What you should do ▸ Lift out, unaltered, the lines of the material below between the line holding "pub publish_transmit_to : Server" and the line holding "with_session s (some", counting both.
━━━━
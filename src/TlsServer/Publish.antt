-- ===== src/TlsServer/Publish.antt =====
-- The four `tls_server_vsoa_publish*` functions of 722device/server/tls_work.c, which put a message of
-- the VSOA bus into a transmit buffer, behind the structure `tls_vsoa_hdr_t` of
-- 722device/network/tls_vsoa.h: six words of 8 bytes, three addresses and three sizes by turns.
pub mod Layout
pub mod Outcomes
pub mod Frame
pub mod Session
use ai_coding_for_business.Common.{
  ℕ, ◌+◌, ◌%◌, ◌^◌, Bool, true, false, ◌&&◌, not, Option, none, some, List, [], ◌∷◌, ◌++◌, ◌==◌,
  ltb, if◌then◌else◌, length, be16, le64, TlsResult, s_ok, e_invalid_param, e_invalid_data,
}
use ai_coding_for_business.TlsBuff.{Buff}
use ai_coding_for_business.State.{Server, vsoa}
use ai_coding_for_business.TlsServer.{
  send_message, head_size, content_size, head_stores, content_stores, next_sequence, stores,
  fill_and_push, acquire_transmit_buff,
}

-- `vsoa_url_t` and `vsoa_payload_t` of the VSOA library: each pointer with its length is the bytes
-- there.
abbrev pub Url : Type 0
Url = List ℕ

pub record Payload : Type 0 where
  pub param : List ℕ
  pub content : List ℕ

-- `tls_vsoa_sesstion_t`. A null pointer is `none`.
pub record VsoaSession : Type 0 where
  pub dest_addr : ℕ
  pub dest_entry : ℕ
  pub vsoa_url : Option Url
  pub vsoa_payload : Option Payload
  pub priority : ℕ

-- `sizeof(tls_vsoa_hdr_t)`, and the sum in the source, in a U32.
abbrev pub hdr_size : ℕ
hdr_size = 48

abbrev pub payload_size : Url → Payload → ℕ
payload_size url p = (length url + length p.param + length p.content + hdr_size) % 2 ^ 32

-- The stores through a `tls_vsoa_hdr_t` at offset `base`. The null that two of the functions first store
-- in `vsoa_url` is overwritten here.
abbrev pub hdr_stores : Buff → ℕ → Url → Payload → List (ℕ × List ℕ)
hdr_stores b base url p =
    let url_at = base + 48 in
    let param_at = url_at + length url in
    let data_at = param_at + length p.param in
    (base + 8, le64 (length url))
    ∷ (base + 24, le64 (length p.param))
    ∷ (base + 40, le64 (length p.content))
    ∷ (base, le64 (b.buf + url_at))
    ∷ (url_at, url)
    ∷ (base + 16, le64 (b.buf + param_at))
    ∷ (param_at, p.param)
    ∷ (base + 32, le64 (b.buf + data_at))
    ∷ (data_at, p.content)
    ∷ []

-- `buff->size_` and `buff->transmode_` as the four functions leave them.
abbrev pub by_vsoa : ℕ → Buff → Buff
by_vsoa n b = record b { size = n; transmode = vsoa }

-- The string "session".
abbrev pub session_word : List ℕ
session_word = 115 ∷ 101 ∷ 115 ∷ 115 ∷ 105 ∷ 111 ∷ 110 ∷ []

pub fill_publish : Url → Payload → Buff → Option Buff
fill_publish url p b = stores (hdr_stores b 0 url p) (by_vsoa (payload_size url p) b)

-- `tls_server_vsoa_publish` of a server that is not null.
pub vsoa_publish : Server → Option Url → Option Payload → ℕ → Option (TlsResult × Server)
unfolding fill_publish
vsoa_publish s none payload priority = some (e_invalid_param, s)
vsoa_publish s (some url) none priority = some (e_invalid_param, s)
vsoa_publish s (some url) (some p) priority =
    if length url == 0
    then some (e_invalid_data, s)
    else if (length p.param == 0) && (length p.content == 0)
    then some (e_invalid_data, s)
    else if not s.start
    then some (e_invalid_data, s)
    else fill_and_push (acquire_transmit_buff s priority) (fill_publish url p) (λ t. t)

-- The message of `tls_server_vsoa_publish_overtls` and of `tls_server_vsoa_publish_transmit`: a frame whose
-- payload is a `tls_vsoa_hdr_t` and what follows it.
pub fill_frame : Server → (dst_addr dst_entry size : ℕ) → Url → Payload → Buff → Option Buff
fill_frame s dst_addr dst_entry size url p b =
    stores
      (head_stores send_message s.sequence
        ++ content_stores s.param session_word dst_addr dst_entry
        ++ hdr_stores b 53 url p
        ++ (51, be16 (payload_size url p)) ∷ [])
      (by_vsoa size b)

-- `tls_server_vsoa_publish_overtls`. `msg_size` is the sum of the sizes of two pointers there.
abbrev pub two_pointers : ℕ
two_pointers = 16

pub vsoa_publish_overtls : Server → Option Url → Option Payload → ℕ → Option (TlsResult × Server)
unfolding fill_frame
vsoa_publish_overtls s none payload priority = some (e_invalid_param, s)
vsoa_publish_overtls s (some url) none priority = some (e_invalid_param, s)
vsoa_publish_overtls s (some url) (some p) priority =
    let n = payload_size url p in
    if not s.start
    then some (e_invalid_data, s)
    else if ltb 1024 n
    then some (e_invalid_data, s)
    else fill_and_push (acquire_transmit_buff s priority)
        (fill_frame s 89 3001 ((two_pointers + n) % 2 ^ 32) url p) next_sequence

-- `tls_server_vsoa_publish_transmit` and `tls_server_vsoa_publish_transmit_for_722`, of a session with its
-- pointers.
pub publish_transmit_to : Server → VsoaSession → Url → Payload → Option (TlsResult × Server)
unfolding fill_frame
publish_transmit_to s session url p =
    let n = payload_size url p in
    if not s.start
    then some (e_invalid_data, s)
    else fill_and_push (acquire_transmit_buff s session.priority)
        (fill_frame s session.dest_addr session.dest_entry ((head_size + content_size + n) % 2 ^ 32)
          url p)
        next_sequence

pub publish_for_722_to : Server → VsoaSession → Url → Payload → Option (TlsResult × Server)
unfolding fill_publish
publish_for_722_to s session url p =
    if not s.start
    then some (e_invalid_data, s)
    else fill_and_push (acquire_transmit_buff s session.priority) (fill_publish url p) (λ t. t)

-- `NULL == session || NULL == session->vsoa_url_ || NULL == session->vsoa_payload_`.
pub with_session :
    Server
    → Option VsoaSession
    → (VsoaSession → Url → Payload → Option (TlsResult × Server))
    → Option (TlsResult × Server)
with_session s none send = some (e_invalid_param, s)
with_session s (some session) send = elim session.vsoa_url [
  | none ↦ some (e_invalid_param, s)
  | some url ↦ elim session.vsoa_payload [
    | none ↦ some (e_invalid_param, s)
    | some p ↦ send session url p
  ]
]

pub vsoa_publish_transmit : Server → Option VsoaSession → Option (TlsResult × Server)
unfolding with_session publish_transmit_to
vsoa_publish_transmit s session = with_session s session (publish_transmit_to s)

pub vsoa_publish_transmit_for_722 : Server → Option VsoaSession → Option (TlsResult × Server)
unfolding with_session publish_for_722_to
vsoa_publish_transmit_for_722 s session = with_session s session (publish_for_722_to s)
━━━━
Response ▸
pub publish_transmit_to : Server → VsoaSession → Url → Payload → Option (TlsResult × Server)
unfolding fill_frame
publish_transmit_to s session url p =
    let n = payload_size url p in
    if not s.start
    then some (e_invalid_data, s)
    else fill_and_push (acquire_transmit_buff s session.priority)
        (fill_frame s session.dest_addr session.dest_entry ((head_size + content_size + n) % 2 ^ 32)
          url p)
        next_sequence

pub publish_for_722_to : Server → VsoaSession → Url → Payload → Option (TlsResult × Server)
unfolding fill_publish
publish_for_722_to s session url p =
    if not s.start
    then some (e_invalid_data, s)
    else fill_and_push (acquire_transmit_buff s session.priority) (fill_publish url p) (λ t. t)

-- `NULL == session || NULL == session->vsoa_url_ || NULL == session->vsoa_payload_`.
pub with_session :
    Server
    → Option VsoaSession
    → (VsoaSession → Url → Payload → Option (TlsResult × Server))
    → Option (TlsResult × Server)
with_session s none send = some (e_invalid_param, s)
with_session s (some session) send = elim session.vsoa_url [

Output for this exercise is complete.